If we have a nice problem and an adequate initial guess, Newton’s iteration can converge quite quickly, at least in terms of the number of iterations. But at each step, we need to form and solve a linear system, and this involves the usual linear algebra issues. Depending on the problem, we may need to think about ill-conditioned (or even singular) Jacobian matrices close to a solution. And even for well-behaved problems where the Jacobian matrices are not ill-conditioned, we may worry about the cost of forming the Jacobian and solving systems with if if \(N\) is large. Fortunately, large systems of nonlinear equations often have structure that leads to structure in the Jacobian matrix (such as the tridiagonal structure in our autocatalytic example). It is important to identify and use such structure when it is present.

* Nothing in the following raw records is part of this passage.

-- ===== src/Library/Survival.antt =====
-- Which books and locations a prune leaves.
pub mod Pruning
pub mod Twice
use my_eink_library.Common.{
  ltb, leb, ◌==◌, if◌then◌else◌, ltb→lt, lt→ltb, leb→le, ==_iff, ==_refl, Bool-cases, Option-cases,
  indicator, is_some, Result-cases, and_left, and_right, Result, ok, err, exists_either,
  exists_of_found, exists-delete_none, exists-update_safe, exists-delete_apart, exists_one,
  exists_counted, exists-update_apart, counted_one, exists_all, count_cong, find?, count, exists,
  select, update, delete, count-append, exists-append, exists-delete, find?_holds, find?-append,
  find?-append_none, find?-exists, exists-find?, update_absent, delete_absent, count-update_keeps,
  count-delete-le, length, take, length-append, length-take-le, All, All-append, All-map, insert_by,
  sort_by, count-sort_by, count-select, find?_absent, count_of_none, count_of_some,
  count_of_not_exists, count_implied, count-update_none, count-delete_none, count-update_one,
  count-delete_one, count_split, count-find?, find?_unique, count-and_one, count-update_lowers,
  count-update_raises, exists_implied, find?-update_found, exists_count, count_exists,
  length-delete, exists-delete_other, exists-update_keeps, exists_cong, exists_thinned,
  exists-delete_kept, exists_none, Text, codes, text_eq, text_eq_refl, text_eq_iff, is_empty,
  is_space, trim_left, trim_space, rune_len, byte_len, ascii_lower, lower_ascii, to_lower, ℕ, zero,
  suc, ◌+◌, ◌-◌, ◌*◌, ◌/◌, ◌%◌, ◌^◌, ◌≤◌, ◌<◌, ◌≡◌, refl, sym, ap, ◌∙◌, ◌≢◌, ◌↔◌, ◌⊎◌, inl, inr,
  Bool, true, false, not, ◌&&◌, ◌||◌, Option, none, some, reverse, List, [], ◌∷◌, ◌++◌, map,
  append-nil, append_assoc, arith,
}
use my_eink_library.Library.Prune.{
  Seen, promoted, remove_canonical_file, delete_book, promote, locations_of, promote_to,
}
use my_eink_library.Library.{BookRow, Index, LocationRow, book_has_id, location_of, location_at}
use my_eink_library.Library.Sound.{IsSound, other_book}
use my_eink_library.Library.Sound.Pruned.{
  promoted_absent, promoted_itself, count-locations_of, promoted_owned,
}

abbrev pub book_seen : Seen → ℕ → BookRow → Bool
book_seen seen id b = book_has_id id b && seen b.library_root b.file_path

abbrev pub location_seen : Seen → ℕ → LocationRow → Bool
location_seen seen id l = location_of id l && seen l.library_root l.file_path

-- The location that is promoted is seen if any is.
promoted-seen :
    (seen : Seen) (locs : List LocationRow) (l : LocationRow)
    → promoted seen locs ≡ some l
    → seen l.library_root l.file_path ≡ exists (λ w. seen w.library_root w.file_path) locs
unfolding promoted exists find?
promoted-seen seen locs l h =
    elim (Option-cases (find? (λ w. seen w.library_root w.file_path) locs)) [
      | inr (w, found) ↦ ground (
        arith,
        h,
        found,
        find?_holds (λ w. seen w.library_root w.file_path) locs w found,
        exists_of_found (λ w. seen w.library_root w.file_path)
            (λ w. seen w.library_root w.file_path) locs w found,
      )
      | inl missing ↦ unseen_first locs l h missing
    ]
  where
    unseen_first :
        (locs : List LocationRow) (l : LocationRow)
        → promoted seen locs ≡ some l
        → find? (λ w. seen w.library_root w.file_path) locs ≡ none
        → seen l.library_root l.file_path ≡ exists (λ w. seen w.library_root w.file_path) locs
    unseen_first [] l h missing = absurd (ground (arith, h, missing))
    unseen_first (w ∷ locs) l h missing =
        ground (arith, h, find?-exists (λ m. seen m.library_root m.file_path) (w ∷ locs) missing)

module _ (foreign_keys : Bool) (now : ℕ) (seen : Seen) (id : ℕ) where
  -- What is followed of one book through a prune.
  pub record Same (d e : Index) : Type 0 where
    pub book : exists (book_has_id id) e.books ≡ exists (book_has_id id) d.books
    pub book_seen_kept : exists (book_seen seen id) e.books ≡ exists (book_seen seen id) d.books
    pub location :
        exists (location_of id) e.book_locations ≡ exists (location_of id) d.book_locations
    pub location_seen_kept :
        exists (location_seen seen id) e.book_locations
        ≡ exists (location_seen seen id) d.book_locations

  pub record Settled (d e : Index) : Type 0 where
    pub book : exists (book_has_id id) e.books ≡ exists (location_of id) d.book_locations
    pub book_seen_after :
        exists (book_seen seen id) e.books ≡ exists (location_seen seen id) d.book_locations

  seen_of_locations :
      (d : Index)
      → exists (λ w. seen w.library_root w.file_path) (locations_of id d)
        ≡ exists (location_seen seen id) d.book_locations
  seen_of_locations d =
      exists_counted (λ w. seen w.library_root w.file_path)
        (λ w. seen w.library_root w.file_path && location_of id w) (locations_of id d)
        d.book_locations (count-locations_of id d (λ w. seen w.library_root w.file_path))
      ∙ exists_cong _ (location_seen seen id) d.book_locations (λ w. ground arith)

  delete_other :
      (keys : Bool) (j : ℕ) (d : Index) → (j == id) ≡ false → Same d (delete_book keys j d)
  unfolding delete_book
  delete_other true j d other = record {
    book = other_book j id d.books (ground (arith, other, ==_iff j id, ==_iff id j));
    book_seen_kept =
        exists-delete_other (book_has_id j) (book_seen seen id) d.books
          (λ b h. ground (arith, h, other, ==_iff b.id j, ==_iff b.id id, ==_iff j id));
    location =
        exists-delete_other (location_of j) (location_of id) d.book_locations
          (λ l h. ground (arith, h, other, ==_iff l.book_id j, ==_iff l.book_id id, ==_iff j id));
    location_seen_kept =
        exists-delete_other (location_of j) (location_seen seen id) d.book_locations
          (λ l h. ground (arith, h, other, ==_iff l.book_id j, ==_iff l.book_id id, ==_iff j id));
  }
  delete_other false j d other = record {
    book = other_book j id d.books (ground (arith, other, ==_iff j id, ==_iff id j));
    book_seen_kept =
        exists-delete_other (book_has_id j) (book_seen seen id) d.books
          (λ b h. ground (arith, h, other, ==_iff b.id j, ==_iff b.id id, ==_iff j id));
    location = refl;
    location_seen_kept = refl;
  }

  -- The file that another book takes over is none of this book's locations.
  taken_apart :
      (j : ℕ) (l : LocationRow) (d : Index)
      → IsSound d
      → (j == id) ≡ false
      → promoted seen (locations_of j d) ≡ some l
      → exists (λ w. location_of id w && location_at l.library_root l.file_path w) d.book_locations
        ≡ false
  taken_apart j l d v other found =
      exists_implied (λ w. location_at l.library_root l.file_path w && not (location_of j w)) _
        d.book_locations
        (λ w h. ground (arith, h, ==_iff w.book_id id, ==_iff w.book_id j, ==_iff j id, other))
        (elim (Bool-cases (
          exists (λ w. location_at l.library_root l.file_path w && not (location_of j w))
            d.book_locations)) [
              | inr apart ↦ apart
              | inl twice ↦ absurd (
                  omega (
                    arith,
                    v.files_unique l.library_root l.file_path,
                    exists_count
                        (λ w. location_at l.library_root l.file_path w && not (location_of j w))
                        d.book_locations twice,
                    promoted_itself seen j d l found,
                    count_split (location_at l.library_root l.file_path) (location_of j)
                        d.book_locations,
                  ))
            ])

  remove_other :
      (j : ℕ) (d : Index)
      → IsSound d
      → (j == id) ≡ false
      → Same d (remove_canonical_file foreign_keys now seen j d)
  unfolding remove_canonical_file promote
  remove_other j d v other = elim (Option-cases (promoted seen (locations_of j d))) [
    | inl bare ↦ rw (remove_canonical_file, bare) (delete_other foreign_keys j d other)
    | inr (l, found) ↦
        rw (remove_canonical_file, found)
          (record {
            book =
                exists-update_keeps (book_has_id j) (book_has_id id) (promote_to now l) d.books
                  (λ b. refl);
            book_seen_kept =
                exists-update_apart (book_has_id j) (book_seen seen id) (promote_to now l) d.books
                  (λ b h. ground (arith, h, other, ==_iff b.id j, ==_iff b.id id, ==_iff j id));
            location =
                exists-delete_apart (location_of id) (location_at l.library_root l.file_path)
                  d.book_locations (taken_apart j l d v other found);
            location_seen_kept =
                exists-delete_apart (location_seen seen id) (location_at l.library_root l.file_path)
                  d.book_locations
                  (exists_implied
                    (λ w. location_of id w && location_at l.library_root l.file_path w) _
                    d.book_locations (λ w. ground arith) (taken_apart j l d v other found));
          })
  ]

  remove_self :
      (d : Index)
      → IsSound d
      → exists (book_has_id id) d.books ≡ true
      → Settled d (remove_canonical_file foreign_keys now seen id d)
  unfolding remove_canonical_file delete_book promote
  remove_self d v there = elim (Option-cases (promoted seen (locations_of id d))) [
    | inl bare ↦
        rw (remove_canonical_file, bare)
          (record {
            book = exists-delete (book_has_id id) d.books ∙ sym (promoted_absent seen id d bare);
            book_seen_after =
                exists_implied (book_has_id id) (book_seen seen id)
                  (delete (book_has_id id) d.books) (λ b. and_left _ _)
                  (exists-delete (book_has_id id) d.books)
                ∙ sym (
                    exists_implied (location_of id) (location_seen seen id) d.book_locations
                      (λ l. and_left _ _) (promoted_absent seen id d bare));
          })
    | inr (l, found) ↦ elim (Option-cases (find? (book_has_id id) d.books)) [
      | inl no_book ↦ absurd (ground (arith, there, find?-exists (book_has_id id) d.books no_book))
      | inr (b, b_found) ↦
          rw (remove_canonical_file, found)
            (record {
              book =
                  exists-update_keeps (book_has_id id) (book_has_id id) (promote_to now l) d.books
                    (λ w. refl)
                  ∙ there
                  ∙ sym (promoted_owned seen id d l found);
              book_seen_after =
                  exists_one (book_has_id id) (λ w. seen w.library_root w.file_path)
                    (update (book_has_id id) (promote_to now l) d.books) (promote_to now l b)
                    (find?-update_found (book_has_id id) (book_has_id id) (promote_to now l) d.books
                      b b_found (find?_holds (book_has_id id) d.books b b_found) (λ w. refl))
                    (rw
                      (count-update_keeps (book_has_id id) (book_has_id id) (promote_to now l)
                        d.books (λ w. refl))
                      (v.ids_unique id))
                  ∙ promoted-seen seen (locations_of id d) l found
                  ∙ seen_of_locations d;
            })
    ]
  ]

Once we have an iteration that we are happy with, we still have to think about when we will be satisfied with an approximate solution. A robust solver should check a few possible termination criteria:

• Iteration count: It makes sense to terminate (possibly with a diagnostic message) whenever an iteration starts to take more steps than one expects — or perhaps more steps than one can afford. If nothing else, this is necessary to deal with issues like poor initial guesses.

• Residual check: We often declare completion when \(\|f(x^k)\|\) is sufficiently close to zero. What is “close to zero” depends on the scaling of the problem, so users of black box solvers are well advised to check that any default residual checks make sense for their problems.

• Update check: Once Newton starts converging, a good estimate for the error at step \(x^k\) is \(x^{k+1}-x^k\). A natural test is then to make sure that \(\|x^{k+1}-x^k\|/\|x^{k+1}\| < \tau\) for some tolerance \(\tau\). Of course, this is really an estimate of the relative error at step \(k\), but we will report the (presumably better) answer \(x^{k+1}\) – like anyone else who can manage it, numerical analysts like to have their cake and eat it, too.

A common problem with many solvers is to make the termination criteria too lax, so that a bad solution is accepted; or too conservative, so that good solutions are never accepted.

One common mistake in coding Newton’s method is to goof in computing the Jacobian matrix. This error is not only very common, but also very often overlooked. After all, a good approximation to the Jacobian often still produces a convergent iteration; and when iterations diverge, it is hard to distinguish between problems due to a bad Jacobian and problems due to a bad initial guess. However, there is a simple clue to watch for that can help alert the user to a bad Jacobian calculation. In most cases, Newton converges quadratically, while “almost Newton” iterations converge linearly. If you think you have coded Newton’s method and a plot of the residuals shows linear behavior, look for issues with your Jacobian code!